Could you return each line of the material that has "none" in it?

↓↓↓

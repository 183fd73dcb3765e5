-- ===== src/Rpc/Admin/Requests.antt =====
-- What a client asks of a node, and the call that says so: an independent description of the
-- dispatch of nodes/rpc.go, by the comments of api/node.go on its interface.
use ratnet.Prelude.{ℕ, Bool, true, false, Option, none, some, List, [], ◌∷◌, Bytes}
use ratnet.Go.{pure, ◌>>=◌}
use ratnet.Wire.Value.{Value, Values, end, item, PubKey, Bundle}
use ratnet.Wire.Calls.{RemoteCall}
use ratnet.Rpc.{NodeApi, Answer, answer_id, done}
use ratnet.Rpc.Numbers.{Method, number}
use ratnet.Rpc.Admin.{or_nil}

pub data Request (Ecc Rsa : Type 0) : Type 0 where
  id cid get_contacts get_channels get_profiles : Request Ecc Rsa
  dropoff : Bundle → Request Ecc Rsa
  pickup : PubKey Ecc Rsa → ℕ → List Bytes → Request Ecc Rsa
  get_contact delete_contact get_channel delete_channel : Bytes → Request Ecc Rsa
  get_profile delete_profile load_profile get_peer delete_peer : Bytes → Request Ecc Rsa
  add_contact add_channel : Bytes → Bytes → Request Ecc Rsa
  add_profile : Bytes → Bool → Request Ecc Rsa
  get_peers : Option Bytes → Request Ecc Rsa
  add_peer : Bytes → Bool → Bytes → Option Bytes → Request Ecc Rsa
  send send_channel : Bytes → Bytes → Option (PubKey Ecc Rsa) → Request Ecc Rsa

abbrev pub flag_text : Bool → Bytes
flag_text true = 116 ∷ 114 ∷ 117 ∷ 101 ∷ []
flag_text false = 102 ∷ 97 ∷ 108 ∷ 115 ∷ 101 ∷ []

module _ {Ecc Rsa : Type 0} where
  -- The calls that need no authentication.
  abbrev pub IsPublic : Request Ecc Rsa → Type 0
  IsPublic Request.id = Unit
  IsPublic (Request.dropoff b) = Unit
  IsPublic (Request.pickup k t names) = Unit
  IsPublic _ = ⊥

  abbrev pub strings : List Bytes → Values Ecc Rsa
  strings [] = end
  strings (s ∷ ss) = item (Value.string s) (strings ss)

  abbrev pub optional_string : Option Bytes → Values Ecc Rsa
  optional_string none = end
  optional_string (some s) = item (Value.string s) end

  abbrev pub optional_key : Option (PubKey Ecc Rsa) → Values Ecc Rsa
  optional_key none = end
  optional_key (some k) = item (Value.pub_key k) end

  abbrev pub named : Method → Bytes → RemoteCall Ecc Rsa
  named m name = record { action = number m; args = item (Value.string name) end }

  abbrev pub plain : Method → RemoteCall Ecc Rsa
  plain m = record { action = number m; args = end }

  abbrev pub keyed : Method → Bytes → Bytes → Values Ecc Rsa → RemoteCall Ecc Rsa
  keyed m name key more = record {
    action = number m;
    args = item (Value.string name) (item (Value.string key) more);
  }

  abbrev pub message : Method → Bytes → Bytes → Option (PubKey Ecc Rsa) → RemoteCall Ecc Rsa
  message m name content key = record {
    action = number m;
    args = item (Value.string name) (item (Value.bytes content) (optional_key key));
  }

  -- The number of the method, and its arguments in their order.
  abbrev pub call_of : Request Ecc Rsa → RemoteCall Ecc Rsa
  call_of Request.id = plain Method.id
  call_of (Request.dropoff b) = record {
    action = number Method.dropoff;
    args = item (Value.bundle b) end;
  }
  call_of (Request.pickup k t names) = record {
    action = number Method.pickup;
    args = item (Value.pub_key k) (item (Value.int64 t) (strings names));
  }
  call_of Request.cid = plain Method.cid
  call_of (Request.get_contact name) = named Method.get_contact name
  call_of Request.get_contacts = plain Method.get_contacts
  call_of (Request.add_contact name key) = keyed Method.add_contact name key end
  call_of (Request.delete_contact name) = named Method.delete_contact name
  call_of (Request.get_channel name) = named Method.get_channel name
  call_of Request.get_channels = plain Method.get_channels
  call_of (Request.add_channel name key) = keyed Method.add_channel name key end
  call_of (Request.delete_channel name) = named Method.delete_channel name
  call_of (Request.get_profile name) = named Method.get_profile name
  call_of Request.get_profiles = plain Method.get_profiles
  call_of (Request.add_profile name flag) = keyed Method.add_profile name (flag_text flag) end
  call_of (Request.delete_profile name) = named Method.delete_profile name
  call_of (Request.load_profile name) = named Method.load_profile name
  call_of (Request.get_peer name) = named Method.get_peer name
  call_of (Request.get_peers group) = record {
    action = number Method.get_peers;
    args = optional_string group;
  }
  call_of (Request.add_peer name flag uri group) =
      keyed Method.add_peer name (flag_text flag) (item (Value.string uri) (optional_string group))
  call_of (Request.delete_peer name) = named Method.delete_peer name
  call_of (Request.send name content key) = message Method.send name content key
  call_of (Request.send_channel name content key) = message Method.send_channel name content key

abbrev pub group_or_empty : Option Bytes → List Bytes
group_or_empty none = [] ∷ []
group_or_empty (some g) = g ∷ []

abbrev pub group_list : Option Bytes → List Bytes
group_list none = []
group_list (some g) = g ∷ []

module _ {S Ecc Rsa : Type 0} (node : NodeApi S Ecc Rsa) (byte_limit : ℕ) where
  -- The operation of the node, and what it returns as a value.
  abbrev pub perform : Request Ecc Rsa → Answer S Ecc Rsa
  perform Request.id = node.id >>= answer_id node
  perform (Request.dropoff b) = done (node.dropoff b)
  perform (Request.pickup k t names) =
      node.pickup k t byte_limit names >>= λ b. pure (Value.bundle b)
  perform Request.cid = node.cid >>= λ k. pure (Value.pub_key k)
  perform (Request.get_contact name) =
      node.get_contact name >>= λ found. pure (or_nil Value.contact found)
  perform Request.get_contacts = node.get_contacts >>= λ cs. pure (Value.contacts cs)
  perform (Request.add_contact name key) = done (node.add_contact name key)
  perform (Request.delete_contact name) = done (node.delete_contact name)
  perform (Request.get_channel name) =
      node.get_channel name >>= λ found. pure (or_nil Value.channel found)
  perform Request.get_channels = node.get_channels >>= λ cs. pure (Value.channels cs)
  perform (Request.add_channel name key) = done (node.add_channel name key)
  perform (Request.delete_channel name) = done (node.delete_channel name)
  perform (Request.get_profile name) =
      node.get_profile name >>= λ found. pure (or_nil Value.profile found)
  perform Request.get_profiles = node.get_profiles >>= λ ps. pure (Value.profiles ps)
  perform (Request.add_profile name flag) = done (node.add_profile name flag)
  perform (Request.delete_profile name) = done (node.delete_profile name)
  perform (Request.load_profile name) =
      node.load_profile name >>= λ found. pure (or_nil Value.pub_key found)
  perform (Request.get_peer name) = node.get_peer name >>= λ found. pure (or_nil Value.peer found)
  perform (Request.get_peers group) =
      node.get_peers (group_or_empty group) >>= λ ps. pure (Value.peers ps)
  perform (Request.add_peer name flag uri group) =
      done (node.add_peer name flag uri (group_list group))
  perform (Request.delete_peer name) = done (node.delete_peer name)
  perform (Request.send name content key) = done (node.send name content key)
  perform (Request.send_channel name content key) = done (node.send_channel name content key)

↑↑↑

**RESPONSE:**
use ratnet.Prelude.{ℕ, Bool, true, false, Option, none, some, List, [], ◌∷◌, Bytes}
  optional_string none = end
  optional_key none = end
group_or_empty none = [] ∷ []
group_list none = []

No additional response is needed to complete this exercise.